** Stored data **
-- ===== src/Server/Coordinator/Snapshot.antt =====
-- The consistency point of packages/server/src/coordinator.ts against the retention of its log.
use express_token_revoker.Prelude.{
  ℕ, ◌+◌, ◌<◌, ◌≤◌, ◌≡◌, refl, true, not, ◌||◌, Option, some, List, [], ◌∷◌, arith, branch,
  Bool-cases, Option-cases, inl, inr, ◌⊎◌, max,
}
use mathlib.Core.Path.{subst}
use express_token_revoker.Prelude.Result.{Result, ok, err, internal_error, ◌>>=◌}
use express_token_revoker.Prelude.Text.{Text, codes}
use express_token_revoker.Server.CanonicalWal.Wal.{
  CanonicalWal, init, can_serve_from, append_entry, append_tombstone, append_rotate,
}
use express_token_revoker.Server.CanonicalWal.Read.{scan, read_since}
use express_token_revoker.Server.CanonicalWal.Truncate.{truncate_old_generations}
use express_token_revoker.Server.CanonicalWal.Numbering.{
  append_rotate-next, truncate_old_generations-next,
}
use express_token_revoker.Server.Coordinator.{
  Revoker, Coordinator, CallFaults, MetaState, add, add_tombstoned, add_local, add_logged,
  on_core_rotation, rotation_logged, rotation_truncated, shutdown, set_listener, start,
  is_valid_item, replay_events, replay_batch_limit,
}
use express_token_revoker.Server.Coordinator.GetSnapshot.{
  BlobFile, SnapshotConfig, SnapshotData, require, read_blob, blob_name, get_snapshot,
}
use express_token_revoker.Server.Coordinator.Broadcast.{
  Request, add_request, rotation, shutdown_request, listen, step, run,
}
use express_token_revoker.Server.CanonicalWal.Floor.{
  Grows, append_entry-Grows, append_tombstone-Grows, append_rotate-Grows, truncate-Floor,
}

-- The consistency point is servable, and the log has gone beyond it.
abbrev IsServable : {R : Type 0} → Coordinator R → Type 0
IsServable c =
    (c.wal.deleted_max_lsn ≤ c.meta.last_backup_lsn) × (c.meta.last_backup_lsn < c.wal.next_lsn)

abbrev EndsServable : {A R : Type 0} → A × Coordinator R → Type 0
EndsServable z = IsServable z.1

module _ {R : Type 0} where
  grown-IsServable :
      (w : CanonicalWal) (c : Coordinator R)
      → Grows c.wal w
      → IsServable c
      → IsServable (record c { wal = w })
  grown-IsServable w c (same, more) (floor, beyond) =
      (omega (arith, same, floor), omega (arith, more, beyond))

module _ {R : Type 0} (revokers : Revoker R) (faults : CallFaults) (item : Text) where
  add_tombstoned-IsServable :
      (lsn : ℕ) (a : Result (Unit {0}) × CanonicalWal) (c : Coordinator R)
      → Grows c.wal a.1
      → IsServable c
      → EndsServable (add_tombstoned revokers lsn item a c)
  unfolding add_tombstoned
  add_tombstoned-IsServable lsn (err e, w) c g s = grown-IsServable w c g s
  add_tombstoned-IsServable lsn (ok _, w) c g s = grown-IsServable w c g s

  add_local-IsServable :
      (lsn : ℕ) (r : Result (Unit {0}) × R) (c : Coordinator R)
      → IsServable c
      → EndsServable (add_local revokers faults lsn item r c)
  unfolding add_local
  add_local-IsServable lsn (ok _, r) c s = s
  add_local-IsServable lsn (err e, r) c s =
      add_tombstoned-IsServable lsn (append_tombstone faults.tombstone_log lsn item c.wal)
        (record c { revoker = some r }) (append_tombstone-Grows faults.tombstone_log lsn item c.wal)
        s

  add_logged-IsServable :
      (r : R) (a : Result ℕ × CanonicalWal) (c : Coordinator R)
      → Grows c.wal a.1
      → IsServable c
      → EndsServable (add_logged revokers faults item r a c)
  unfolding add_logged
  add_logged-IsServable r (err e, w) c g s = grown-IsServable w c g s
  add_logged-IsServable r (ok lsn, w) c g s =
      add_local-IsServable lsn (revokers.add item r) (record c { wal = w })
        (grown-IsServable w c g s)

  add-IsServable : (c : Coordinator R) → IsServable c → EndsServable (add revokers faults item c)
  unfolding add
  add-IsServable c s = branch EndsServable c.is_shutting_down _ _ s (elim (Option-cases c.revoker) [
    | inl gone ↦ simp gone s
    | inr (r, here) ↦ simp here (
        branch EndsServable (not (is_valid_item item)) _ _ s (
          add_logged-IsServable r (append_entry faults.log item c.wal) c
            (append_entry-Grows faults.log item c.wal) s))
  ])

module _ {R : Type 0} (other : Text → Option ℕ) (faults : CallFaults) where
  truncated-IsServable :
      (lsn generation : ℕ) (a : Result (List Text) × CanonicalWal) (c : Coordinator R)
      → a.1.deleted_max_lsn ≤ c.meta.last_backup_lsn
      → c.meta.last_backup_lsn < a.1.next_lsn
      → IsServable (rotation_truncated other lsn generation a c)
  unfolding rotation_truncated
  truncated-IsServable lsn generation (err e, w) c floor beyond = (floor, beyond)
  truncated-IsServable lsn generation (ok deleted, w) c floor beyond = (floor, beyond)

  logged-IsServable :
      (generation : ℕ) (a : Result ℕ × CanonicalWal) (c : Coordinator R)
      → a.1.next_lsn ≡ c.wal.next_lsn + 1
      → (a.0 ≡ ok c.wal.next_lsn) ⊎ (a.0 ≡ err internal_error)
      → Grows c.wal a.1
      → IsServable c
      → IsServable (rotation_logged other faults generation a c)
  unfolding rotation_logged
  logged-IsServable generation (err e, w) c next from g s = grown-IsServable w c g s
  logged-IsServable generation (ok lsn, w) c next from (same, more) (floor, beyond) =
      let here : lsn ≡ c.wal.next_lsn = ground (arith, from) in
      let low : w.deleted_max_lsn ≤ lsn = omega (arith, same, floor, beyond, here) in
      let above : lsn < w.next_lsn = omega (arith, next, here) in
      let kept = truncate_old_generations-next other faults.log c.meta.generation lsn w in
      elim (Bool-cases faults.unwritable_meta) [
        | inl failed ↦ simp failed (low, above)
        | inr written ↦ simp written (
            truncated-IsServable lsn generation
              (truncate_old_generations other faults.log c.meta.generation lsn w) _
              (truncate-Floor other faults.log c.meta.generation lsn w low)
              (omega (arith, kept, above)))
      ]

  rotation-IsServable :
      (c : Coordinator R) → IsServable c → IsServable (on_core_rotation other faults c)
  unfolding on_core_rotation
  rotation-IsServable c s =
      let (next, from) = append_rotate-next faults.log (c.meta.generation + 1) c.wal in
      branch IsServable (not c.is_ready || c.is_shutting_down) _ _ s (
        logged-IsServable (c.meta.generation + 1)
          (append_rotate faults.log (c.meta.generation + 1) c.wal) c next from
          (append_rotate-Grows faults.log (c.meta.generation + 1) c.wal) s)

shutdown-IsServable :
    {R : Type 0} (faults : CallFaults) (c : Coordinator R)
    → IsServable c
    → IsServable (shutdown faults c)
unfolding shutdown
shutdown-IsServable faults c s = elim (Bool-cases c.is_shutting_down) [
  | inl closing ↦ simp closing s
  | inr serving ↦ elim (Bool-cases faults.unwritable_meta) [
    | inl failed ↦ simp (serving, failed) s
    | inr written ↦ simp (serving, written) s
  ]
]

-- What holds of a value, if there is one.
abbrev OnOk : {A : Type 0} → (A → Type 0) → Result A → Type 0
OnOk P (ok a) = P a
OnOk P (err e) = Unit

bind-OnOk :
    {A B : Type 0} (P : B → Type 0) (m : Result A) (k : A → Result B)
    → ((a : A) → OnOk P (k a))
    → OnOk P (m >>= k)
bind-OnOk P (ok a) k h = h a
bind-OnOk P (err e) k h = tt

get_snapshot-lsn :
    {F R : Type 0} (current_k : R → Option ℕ) (blobs : Text → BlobFile) (config : SnapshotConfig F)
    (c : Coordinator R)
    → OnOk (λ s. s.last_backup_lsn ≡ c.meta.last_backup_lsn) (get_snapshot current_k blobs config c)
unfolding get_snapshot
get_snapshot-lsn {F} current_k blobs config c =
    let P : SnapshotData F → Type 0 = λ s. s.last_backup_lsn ≡ c.meta.last_backup_lsn in
    bind-OnOk P (require c.revoker) _ (λ r. bind-OnOk P (require (current_k r)) _ (λ k.
      bind-OnOk P (read_blob (blobs (blob_name (codes "current-") config.id))) _ (λ current.
        bind-OnOk P (read_blob (blobs (blob_name (codes "previous-") config.id))) _
          (λ previous. refl))))

module _ {R : Type 0} (revokers : Revoker R) (other : Text → Option ℕ) where
  start-IsServable :
      (faults : CallFaults) (meta : MetaState) (r : R) (wal : CanonicalWal) (c : Coordinator R)
      → start revokers other faults meta r wal ≡ ok c
      → meta.last_backup_lsn ≤ meta.last_lsn
      → IsServable c
  unfolding start init
  start-IsServable faults meta r wal c started below =
      subst (λ a. OnOk IsServable a) started
        (bind-OnOk IsServable (scan other faults.log wal) _ (λ scanned.
          let last = max meta.last_lsn scanned.0 in
          let wal' = init (last + 1) (max meta.generation scanned.1) meta.last_backup_lsn wal in
          bind-OnOk IsServable
            (read_since other faults.log meta.last_backup_lsn replay_batch_limit wal') _
            (λ tail. bind-OnOk IsServable (replay_events revokers tail r) _ (λ r'.
              branch (OnOk IsServable) faults.unwritable_meta _ _ tt
                (omega arith, ground (arith, below))))))

  step-IsServable :
      (q : Request) (c : Coordinator R) → IsServable c → IsServable (step revokers other q c)
  unfolding step set_listener
  step-IsServable (add_request faults item) c s = add-IsServable revokers faults item c s
  step-IsServable (rotation faults) c s = rotation-IsServable other faults c s
  step-IsServable (shutdown_request faults) c s = shutdown-IsServable faults c s
  step-IsServable (listen on) c s = s

  run-IsServable :
      (qs : List Request) (c : Coordinator R) → IsServable c → IsServable (run revokers other qs c)
  unfolding run
  run-IsServable [] c s = s
  run-IsServable (q ∷ qs) c s = run-IsServable qs (step revokers other q c) (step-IsServable q c s)

  -- A coordinator that has started from a meta file whose consistency point is not above its last
  -- LSN: after any additions, rotations and shutdowns, and whatever the file system refuses
  -- meanwhile, the consistency point in a snapshot that it gives is a cursor that its log can serve.
  pub snapshot_is_servable :
      {F : Type 0} (current_k : R → Option ℕ) (blobs : Text → BlobFile) (config : SnapshotConfig F)
      (faults : CallFaults) (meta : MetaState) (r : R) (wal : CanonicalWal) (c : Coordinator R)
      (qs : List Request) (s : SnapshotData F)
      → start revokers other faults meta r wal ≡ ok c
      → meta.last_backup_lsn ≤ meta.last_lsn
      → get_snapshot current_k blobs config (run revokers other qs c) ≡ ok s
      → can_serve_from s.last_backup_lsn (run revokers other qs c).wal ≡ true
  unfolding can_serve_from
  snapshot_is_servable current_k blobs config faults meta r wal c qs s started below given =
      let c' = run revokers other qs c in
      let (floor, _) = run-IsServable qs c (start-IsServable faults meta r wal c started below) in
      let same : s.last_backup_lsn ≡ c'.meta.last_backup_lsn =
        subst (λ a. OnOk (λ d. d.last_backup_lsn ≡ c'.meta.last_backup_lsn) a) given
          (get_snapshot-lsn current_k blobs config c') in
      ground (arith, floor, same)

** Problem details **
Which of the lines in the data hold the string "ground"? Report each of them by copying it.

** Written reply **
      let here : lsn ≡ c.wal.next_lsn = ground (arith, from) in
                (omega arith, ground (arith, below))))))
      ground (arith, floor, same)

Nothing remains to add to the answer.